- Opening Delimiter -
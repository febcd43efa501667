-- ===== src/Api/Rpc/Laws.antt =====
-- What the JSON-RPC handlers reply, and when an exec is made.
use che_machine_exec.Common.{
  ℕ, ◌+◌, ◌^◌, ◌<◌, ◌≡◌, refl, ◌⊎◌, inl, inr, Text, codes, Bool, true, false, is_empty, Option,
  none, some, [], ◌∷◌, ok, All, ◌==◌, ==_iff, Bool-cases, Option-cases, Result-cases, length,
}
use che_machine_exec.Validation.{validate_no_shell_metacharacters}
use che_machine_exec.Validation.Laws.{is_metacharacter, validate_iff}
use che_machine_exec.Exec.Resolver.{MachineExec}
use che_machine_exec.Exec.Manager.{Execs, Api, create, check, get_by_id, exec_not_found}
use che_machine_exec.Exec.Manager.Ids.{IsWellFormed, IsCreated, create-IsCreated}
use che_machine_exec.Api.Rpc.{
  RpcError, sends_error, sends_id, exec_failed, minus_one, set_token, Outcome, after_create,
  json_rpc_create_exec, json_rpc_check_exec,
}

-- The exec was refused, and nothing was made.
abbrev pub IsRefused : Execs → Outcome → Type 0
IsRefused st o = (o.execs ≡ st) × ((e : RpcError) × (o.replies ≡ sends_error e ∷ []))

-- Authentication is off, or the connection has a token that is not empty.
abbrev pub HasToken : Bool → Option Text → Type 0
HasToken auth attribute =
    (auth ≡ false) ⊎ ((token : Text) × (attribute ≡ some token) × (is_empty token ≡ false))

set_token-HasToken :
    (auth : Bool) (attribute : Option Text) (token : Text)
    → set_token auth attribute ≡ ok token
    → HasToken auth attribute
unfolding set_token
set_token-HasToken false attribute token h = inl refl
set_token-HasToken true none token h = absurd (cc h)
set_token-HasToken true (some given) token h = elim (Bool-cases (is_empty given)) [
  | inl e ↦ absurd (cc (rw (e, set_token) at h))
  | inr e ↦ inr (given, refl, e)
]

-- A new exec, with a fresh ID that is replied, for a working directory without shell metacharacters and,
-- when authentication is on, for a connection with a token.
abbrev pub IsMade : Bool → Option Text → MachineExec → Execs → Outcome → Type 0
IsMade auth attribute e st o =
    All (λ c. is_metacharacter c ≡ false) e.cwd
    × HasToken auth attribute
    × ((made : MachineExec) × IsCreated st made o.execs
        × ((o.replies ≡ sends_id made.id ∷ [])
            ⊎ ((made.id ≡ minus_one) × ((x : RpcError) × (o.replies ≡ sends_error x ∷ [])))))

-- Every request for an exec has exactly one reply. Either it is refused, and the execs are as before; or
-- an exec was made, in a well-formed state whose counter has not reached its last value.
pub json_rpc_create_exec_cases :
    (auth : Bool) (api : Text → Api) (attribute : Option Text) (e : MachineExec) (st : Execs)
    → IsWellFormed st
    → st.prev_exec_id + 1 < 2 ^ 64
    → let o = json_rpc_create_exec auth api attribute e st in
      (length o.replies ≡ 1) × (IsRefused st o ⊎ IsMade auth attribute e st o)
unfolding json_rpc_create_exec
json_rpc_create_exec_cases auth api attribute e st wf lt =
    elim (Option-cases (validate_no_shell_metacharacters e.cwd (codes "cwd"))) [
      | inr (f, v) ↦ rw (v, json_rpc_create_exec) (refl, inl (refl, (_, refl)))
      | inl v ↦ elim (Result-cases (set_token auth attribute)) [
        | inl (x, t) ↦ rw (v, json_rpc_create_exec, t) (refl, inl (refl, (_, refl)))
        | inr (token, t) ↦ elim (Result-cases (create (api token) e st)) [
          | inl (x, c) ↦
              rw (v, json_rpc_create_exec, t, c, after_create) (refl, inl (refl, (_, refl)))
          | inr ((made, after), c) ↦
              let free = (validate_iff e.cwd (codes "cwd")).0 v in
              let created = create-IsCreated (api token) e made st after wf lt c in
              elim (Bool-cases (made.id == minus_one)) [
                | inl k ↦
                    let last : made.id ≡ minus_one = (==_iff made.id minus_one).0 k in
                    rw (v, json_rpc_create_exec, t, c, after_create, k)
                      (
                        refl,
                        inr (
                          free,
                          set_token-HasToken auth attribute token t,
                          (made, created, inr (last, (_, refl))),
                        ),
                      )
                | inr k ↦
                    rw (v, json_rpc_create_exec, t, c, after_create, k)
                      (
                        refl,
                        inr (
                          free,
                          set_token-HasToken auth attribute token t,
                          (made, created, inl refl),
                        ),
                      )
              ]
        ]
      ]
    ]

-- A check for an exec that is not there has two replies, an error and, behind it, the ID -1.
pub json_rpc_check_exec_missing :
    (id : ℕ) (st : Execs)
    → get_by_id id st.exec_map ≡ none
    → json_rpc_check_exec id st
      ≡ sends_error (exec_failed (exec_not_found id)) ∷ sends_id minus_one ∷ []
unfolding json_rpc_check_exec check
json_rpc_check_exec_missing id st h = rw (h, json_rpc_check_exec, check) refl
- Closing Delimiter -
• Work order
Search the material above for the string "IsMade", and copy every line in which it turns up.

• Result
abbrev pub IsMade : Bool → Option Text → MachineExec → Execs → Outcome → Type 0
IsMade auth attribute e st o =
      (length o.replies ≡ 1) × (IsRefused st o ⊎ IsMade auth attribute e st o)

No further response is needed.